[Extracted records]
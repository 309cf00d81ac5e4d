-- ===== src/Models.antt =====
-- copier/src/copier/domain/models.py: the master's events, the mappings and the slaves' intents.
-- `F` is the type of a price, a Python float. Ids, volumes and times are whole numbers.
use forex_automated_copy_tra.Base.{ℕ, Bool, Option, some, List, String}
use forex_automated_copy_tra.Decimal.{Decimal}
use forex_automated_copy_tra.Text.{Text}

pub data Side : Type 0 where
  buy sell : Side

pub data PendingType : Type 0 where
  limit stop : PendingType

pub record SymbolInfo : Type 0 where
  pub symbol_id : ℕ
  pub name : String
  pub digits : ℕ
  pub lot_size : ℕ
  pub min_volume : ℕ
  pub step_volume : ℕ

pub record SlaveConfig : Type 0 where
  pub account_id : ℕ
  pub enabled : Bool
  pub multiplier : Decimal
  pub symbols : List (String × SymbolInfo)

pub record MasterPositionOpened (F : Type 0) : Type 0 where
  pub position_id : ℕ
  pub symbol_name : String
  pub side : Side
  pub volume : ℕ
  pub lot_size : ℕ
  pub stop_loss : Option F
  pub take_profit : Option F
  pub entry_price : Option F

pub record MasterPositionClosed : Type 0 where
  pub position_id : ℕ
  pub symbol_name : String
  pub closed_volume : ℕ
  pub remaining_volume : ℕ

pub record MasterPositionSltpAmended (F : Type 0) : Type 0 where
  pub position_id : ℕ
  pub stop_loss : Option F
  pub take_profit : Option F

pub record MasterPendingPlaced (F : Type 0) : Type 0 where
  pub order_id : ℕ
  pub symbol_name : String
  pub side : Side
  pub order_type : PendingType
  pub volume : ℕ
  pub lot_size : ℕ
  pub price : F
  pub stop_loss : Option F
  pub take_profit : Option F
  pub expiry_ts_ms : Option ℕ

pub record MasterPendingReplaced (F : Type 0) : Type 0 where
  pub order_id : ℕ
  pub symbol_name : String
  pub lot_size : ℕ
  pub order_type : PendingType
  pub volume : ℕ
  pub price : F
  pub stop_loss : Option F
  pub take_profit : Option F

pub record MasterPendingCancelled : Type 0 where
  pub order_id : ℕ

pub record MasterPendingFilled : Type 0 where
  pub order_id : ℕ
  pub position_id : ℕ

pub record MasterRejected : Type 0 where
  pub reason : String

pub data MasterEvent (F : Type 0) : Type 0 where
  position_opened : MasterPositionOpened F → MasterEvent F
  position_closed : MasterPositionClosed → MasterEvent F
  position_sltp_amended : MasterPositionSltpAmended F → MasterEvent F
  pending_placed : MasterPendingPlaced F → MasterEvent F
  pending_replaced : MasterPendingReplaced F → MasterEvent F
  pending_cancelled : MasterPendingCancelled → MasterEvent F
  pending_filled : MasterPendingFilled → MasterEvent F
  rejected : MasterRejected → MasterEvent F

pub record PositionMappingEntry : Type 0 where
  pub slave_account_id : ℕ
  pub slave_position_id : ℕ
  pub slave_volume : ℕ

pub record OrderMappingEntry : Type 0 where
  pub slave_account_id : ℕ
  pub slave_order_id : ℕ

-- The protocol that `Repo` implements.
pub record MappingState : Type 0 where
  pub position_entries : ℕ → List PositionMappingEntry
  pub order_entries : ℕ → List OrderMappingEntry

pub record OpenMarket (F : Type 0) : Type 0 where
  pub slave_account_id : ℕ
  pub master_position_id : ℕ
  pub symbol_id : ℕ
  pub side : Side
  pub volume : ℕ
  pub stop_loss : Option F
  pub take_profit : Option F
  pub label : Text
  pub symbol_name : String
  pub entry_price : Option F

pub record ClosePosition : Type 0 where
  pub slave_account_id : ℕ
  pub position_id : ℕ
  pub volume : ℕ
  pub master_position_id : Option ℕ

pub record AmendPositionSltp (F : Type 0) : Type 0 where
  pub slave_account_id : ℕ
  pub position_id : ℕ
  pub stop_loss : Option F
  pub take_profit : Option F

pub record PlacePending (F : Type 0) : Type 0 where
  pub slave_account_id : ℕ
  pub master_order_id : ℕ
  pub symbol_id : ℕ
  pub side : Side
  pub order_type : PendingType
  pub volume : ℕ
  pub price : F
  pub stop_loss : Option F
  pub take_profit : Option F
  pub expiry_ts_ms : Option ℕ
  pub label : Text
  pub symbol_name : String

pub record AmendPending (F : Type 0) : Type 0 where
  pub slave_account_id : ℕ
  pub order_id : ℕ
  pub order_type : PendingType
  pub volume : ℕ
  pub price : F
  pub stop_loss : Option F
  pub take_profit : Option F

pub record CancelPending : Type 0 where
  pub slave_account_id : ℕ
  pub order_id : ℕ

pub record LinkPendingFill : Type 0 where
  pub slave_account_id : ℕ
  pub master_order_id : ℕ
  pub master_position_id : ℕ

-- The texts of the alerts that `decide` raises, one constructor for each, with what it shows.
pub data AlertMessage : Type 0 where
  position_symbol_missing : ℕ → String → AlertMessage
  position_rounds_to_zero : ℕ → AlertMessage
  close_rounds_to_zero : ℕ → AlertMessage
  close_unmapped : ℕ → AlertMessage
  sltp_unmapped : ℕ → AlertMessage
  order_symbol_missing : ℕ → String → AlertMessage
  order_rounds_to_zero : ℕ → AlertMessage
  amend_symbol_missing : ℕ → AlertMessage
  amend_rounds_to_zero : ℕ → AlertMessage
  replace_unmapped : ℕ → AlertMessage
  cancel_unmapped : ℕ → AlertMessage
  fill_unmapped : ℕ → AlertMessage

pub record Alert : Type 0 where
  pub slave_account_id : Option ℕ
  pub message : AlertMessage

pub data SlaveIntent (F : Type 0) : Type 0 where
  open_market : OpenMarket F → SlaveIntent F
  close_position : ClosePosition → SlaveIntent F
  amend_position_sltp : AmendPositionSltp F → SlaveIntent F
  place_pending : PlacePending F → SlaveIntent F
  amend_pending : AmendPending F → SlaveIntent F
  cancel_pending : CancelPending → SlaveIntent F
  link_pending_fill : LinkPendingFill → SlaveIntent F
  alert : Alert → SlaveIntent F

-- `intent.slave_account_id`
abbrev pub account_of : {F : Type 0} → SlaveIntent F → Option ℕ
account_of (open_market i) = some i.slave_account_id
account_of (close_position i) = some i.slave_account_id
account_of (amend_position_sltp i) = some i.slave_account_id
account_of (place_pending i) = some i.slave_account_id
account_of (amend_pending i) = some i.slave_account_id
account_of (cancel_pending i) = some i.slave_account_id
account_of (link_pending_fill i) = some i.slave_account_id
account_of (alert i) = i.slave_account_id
---
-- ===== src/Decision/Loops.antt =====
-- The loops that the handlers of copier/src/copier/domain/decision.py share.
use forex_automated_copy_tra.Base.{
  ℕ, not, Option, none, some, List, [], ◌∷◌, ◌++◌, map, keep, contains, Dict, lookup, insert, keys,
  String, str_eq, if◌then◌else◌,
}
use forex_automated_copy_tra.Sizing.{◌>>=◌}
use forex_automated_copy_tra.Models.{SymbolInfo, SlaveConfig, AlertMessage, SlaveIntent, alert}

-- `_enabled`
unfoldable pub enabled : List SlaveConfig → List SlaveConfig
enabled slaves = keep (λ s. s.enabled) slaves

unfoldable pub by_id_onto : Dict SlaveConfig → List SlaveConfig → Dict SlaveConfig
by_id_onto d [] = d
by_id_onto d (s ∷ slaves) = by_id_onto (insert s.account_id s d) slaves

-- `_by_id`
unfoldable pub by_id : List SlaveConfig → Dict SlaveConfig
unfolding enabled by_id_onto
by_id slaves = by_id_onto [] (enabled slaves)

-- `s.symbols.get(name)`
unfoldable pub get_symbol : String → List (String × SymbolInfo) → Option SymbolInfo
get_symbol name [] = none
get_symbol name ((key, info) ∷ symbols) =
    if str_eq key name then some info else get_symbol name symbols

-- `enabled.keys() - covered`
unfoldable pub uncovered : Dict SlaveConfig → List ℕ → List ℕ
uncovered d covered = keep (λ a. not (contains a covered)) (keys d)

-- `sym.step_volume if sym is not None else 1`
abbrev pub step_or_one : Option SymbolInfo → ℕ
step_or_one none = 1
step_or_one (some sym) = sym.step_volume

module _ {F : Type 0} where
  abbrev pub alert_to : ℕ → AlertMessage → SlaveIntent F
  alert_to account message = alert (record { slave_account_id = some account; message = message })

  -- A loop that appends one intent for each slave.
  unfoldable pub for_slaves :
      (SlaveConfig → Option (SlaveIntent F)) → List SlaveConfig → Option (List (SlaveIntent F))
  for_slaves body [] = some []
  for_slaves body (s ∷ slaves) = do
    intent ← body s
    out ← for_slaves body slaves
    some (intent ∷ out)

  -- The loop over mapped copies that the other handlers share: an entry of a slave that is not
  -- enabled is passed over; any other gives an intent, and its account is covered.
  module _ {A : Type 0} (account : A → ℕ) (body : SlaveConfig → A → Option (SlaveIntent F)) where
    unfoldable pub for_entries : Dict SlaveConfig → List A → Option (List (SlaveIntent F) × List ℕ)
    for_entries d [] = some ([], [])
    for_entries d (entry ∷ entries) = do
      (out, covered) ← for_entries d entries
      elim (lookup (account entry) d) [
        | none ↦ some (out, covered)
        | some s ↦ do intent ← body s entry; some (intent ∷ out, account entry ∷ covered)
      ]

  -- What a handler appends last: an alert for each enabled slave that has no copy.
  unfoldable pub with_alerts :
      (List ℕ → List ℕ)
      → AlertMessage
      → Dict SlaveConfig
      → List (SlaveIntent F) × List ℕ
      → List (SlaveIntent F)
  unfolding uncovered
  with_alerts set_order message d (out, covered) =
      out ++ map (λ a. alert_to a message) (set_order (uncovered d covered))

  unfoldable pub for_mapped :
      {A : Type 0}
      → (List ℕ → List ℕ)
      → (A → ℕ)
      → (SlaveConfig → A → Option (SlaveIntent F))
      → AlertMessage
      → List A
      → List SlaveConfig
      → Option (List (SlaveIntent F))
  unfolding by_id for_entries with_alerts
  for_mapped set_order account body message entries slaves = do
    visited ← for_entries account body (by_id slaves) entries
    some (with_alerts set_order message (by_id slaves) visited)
* * *
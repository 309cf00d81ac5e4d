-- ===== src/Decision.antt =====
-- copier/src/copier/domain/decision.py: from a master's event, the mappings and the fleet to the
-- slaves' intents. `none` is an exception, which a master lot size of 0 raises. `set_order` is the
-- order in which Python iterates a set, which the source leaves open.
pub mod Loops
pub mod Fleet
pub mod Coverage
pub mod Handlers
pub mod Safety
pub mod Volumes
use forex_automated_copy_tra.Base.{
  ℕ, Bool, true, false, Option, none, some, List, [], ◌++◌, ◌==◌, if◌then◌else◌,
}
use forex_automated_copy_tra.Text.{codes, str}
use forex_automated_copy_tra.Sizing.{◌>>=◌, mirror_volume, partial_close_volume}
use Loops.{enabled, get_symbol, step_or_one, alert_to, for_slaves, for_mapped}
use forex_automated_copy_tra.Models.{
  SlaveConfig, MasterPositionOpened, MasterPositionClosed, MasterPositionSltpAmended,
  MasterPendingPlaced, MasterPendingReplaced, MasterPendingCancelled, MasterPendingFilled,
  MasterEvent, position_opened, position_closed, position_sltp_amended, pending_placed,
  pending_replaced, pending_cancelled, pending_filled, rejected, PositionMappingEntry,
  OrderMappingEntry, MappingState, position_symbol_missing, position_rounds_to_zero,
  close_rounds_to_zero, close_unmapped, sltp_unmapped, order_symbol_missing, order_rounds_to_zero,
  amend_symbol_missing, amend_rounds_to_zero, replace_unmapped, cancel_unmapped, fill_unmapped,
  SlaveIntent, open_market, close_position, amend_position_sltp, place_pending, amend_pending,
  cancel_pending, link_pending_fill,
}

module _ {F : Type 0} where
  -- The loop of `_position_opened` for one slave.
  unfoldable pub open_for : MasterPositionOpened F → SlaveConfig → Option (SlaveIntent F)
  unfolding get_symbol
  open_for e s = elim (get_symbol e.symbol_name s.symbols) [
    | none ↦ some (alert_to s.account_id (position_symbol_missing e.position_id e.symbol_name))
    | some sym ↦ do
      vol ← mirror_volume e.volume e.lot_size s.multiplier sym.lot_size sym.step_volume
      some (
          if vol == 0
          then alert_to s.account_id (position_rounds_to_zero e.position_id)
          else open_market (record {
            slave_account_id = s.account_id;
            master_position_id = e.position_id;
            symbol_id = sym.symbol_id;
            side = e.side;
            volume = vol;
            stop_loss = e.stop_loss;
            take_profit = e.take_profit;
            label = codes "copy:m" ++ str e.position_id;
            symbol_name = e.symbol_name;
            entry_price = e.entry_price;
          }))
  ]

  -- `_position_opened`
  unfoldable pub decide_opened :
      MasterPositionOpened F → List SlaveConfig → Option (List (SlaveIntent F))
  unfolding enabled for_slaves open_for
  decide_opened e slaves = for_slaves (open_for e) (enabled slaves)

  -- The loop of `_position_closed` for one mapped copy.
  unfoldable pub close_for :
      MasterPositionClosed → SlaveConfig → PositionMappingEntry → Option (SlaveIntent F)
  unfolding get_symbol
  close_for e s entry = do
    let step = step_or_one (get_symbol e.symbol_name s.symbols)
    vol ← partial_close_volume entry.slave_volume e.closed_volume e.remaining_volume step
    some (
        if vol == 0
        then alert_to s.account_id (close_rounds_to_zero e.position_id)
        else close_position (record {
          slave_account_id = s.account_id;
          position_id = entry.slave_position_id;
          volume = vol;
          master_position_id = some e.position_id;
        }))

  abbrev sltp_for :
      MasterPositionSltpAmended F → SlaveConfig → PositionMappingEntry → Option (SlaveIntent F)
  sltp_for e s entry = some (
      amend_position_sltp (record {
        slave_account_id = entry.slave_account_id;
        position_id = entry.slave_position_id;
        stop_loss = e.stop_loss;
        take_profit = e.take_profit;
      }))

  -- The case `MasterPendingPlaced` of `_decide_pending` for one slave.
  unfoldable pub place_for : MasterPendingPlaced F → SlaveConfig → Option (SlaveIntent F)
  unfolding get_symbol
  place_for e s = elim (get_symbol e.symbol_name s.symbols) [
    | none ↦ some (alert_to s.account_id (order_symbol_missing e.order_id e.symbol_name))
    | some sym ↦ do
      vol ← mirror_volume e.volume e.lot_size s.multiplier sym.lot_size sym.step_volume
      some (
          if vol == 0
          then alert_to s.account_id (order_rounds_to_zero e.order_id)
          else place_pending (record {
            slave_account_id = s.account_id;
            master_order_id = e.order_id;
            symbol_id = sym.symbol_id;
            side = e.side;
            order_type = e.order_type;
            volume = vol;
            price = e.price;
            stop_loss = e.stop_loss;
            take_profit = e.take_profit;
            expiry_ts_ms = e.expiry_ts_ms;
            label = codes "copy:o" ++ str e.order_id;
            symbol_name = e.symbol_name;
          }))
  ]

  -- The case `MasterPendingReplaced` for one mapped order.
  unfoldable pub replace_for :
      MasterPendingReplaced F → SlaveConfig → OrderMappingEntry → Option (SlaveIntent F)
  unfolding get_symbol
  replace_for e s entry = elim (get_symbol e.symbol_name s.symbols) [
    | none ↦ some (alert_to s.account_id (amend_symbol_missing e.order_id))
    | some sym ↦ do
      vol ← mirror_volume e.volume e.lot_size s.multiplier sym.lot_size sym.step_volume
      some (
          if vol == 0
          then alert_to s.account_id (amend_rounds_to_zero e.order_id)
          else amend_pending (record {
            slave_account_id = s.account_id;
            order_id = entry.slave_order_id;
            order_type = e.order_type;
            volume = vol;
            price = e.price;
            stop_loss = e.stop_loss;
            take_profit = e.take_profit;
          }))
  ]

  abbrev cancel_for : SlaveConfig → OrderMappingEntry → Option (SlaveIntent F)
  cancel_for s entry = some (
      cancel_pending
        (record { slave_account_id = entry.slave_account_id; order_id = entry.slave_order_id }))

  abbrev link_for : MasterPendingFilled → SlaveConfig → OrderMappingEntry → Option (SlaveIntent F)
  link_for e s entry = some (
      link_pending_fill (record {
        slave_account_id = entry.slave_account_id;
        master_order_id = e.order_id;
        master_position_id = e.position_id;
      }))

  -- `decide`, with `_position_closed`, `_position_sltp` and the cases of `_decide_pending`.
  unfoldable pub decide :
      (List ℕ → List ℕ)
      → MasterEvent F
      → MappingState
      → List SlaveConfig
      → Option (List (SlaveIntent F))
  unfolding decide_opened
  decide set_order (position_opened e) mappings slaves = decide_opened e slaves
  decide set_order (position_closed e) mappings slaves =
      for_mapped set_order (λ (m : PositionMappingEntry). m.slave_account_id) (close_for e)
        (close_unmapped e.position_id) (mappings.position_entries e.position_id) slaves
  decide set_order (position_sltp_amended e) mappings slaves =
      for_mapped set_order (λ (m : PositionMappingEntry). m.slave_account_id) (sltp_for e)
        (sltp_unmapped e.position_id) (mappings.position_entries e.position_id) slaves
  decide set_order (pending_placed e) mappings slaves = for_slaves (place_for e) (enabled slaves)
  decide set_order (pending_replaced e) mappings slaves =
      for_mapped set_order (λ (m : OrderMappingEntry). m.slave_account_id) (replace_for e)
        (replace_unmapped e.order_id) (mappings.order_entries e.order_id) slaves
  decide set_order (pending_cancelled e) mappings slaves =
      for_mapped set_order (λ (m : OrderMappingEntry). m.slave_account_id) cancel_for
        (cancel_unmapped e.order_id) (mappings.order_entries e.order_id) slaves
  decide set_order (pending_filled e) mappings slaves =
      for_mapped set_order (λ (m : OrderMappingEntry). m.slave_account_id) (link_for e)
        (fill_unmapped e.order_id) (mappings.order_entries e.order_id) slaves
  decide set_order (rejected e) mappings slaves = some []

→ **Aim of the exercise**: List each line of the entries that holds the string "Bool".

→ **Output of the exercise**:
use forex_automated_copy_tra.Base.{ℕ, Bool, Option, some, List, String}
  pub enabled : Bool
  ℕ, Bool, true, false, Option, none, some, List, [], ◌++◌, ◌==◌, if◌then◌else◌,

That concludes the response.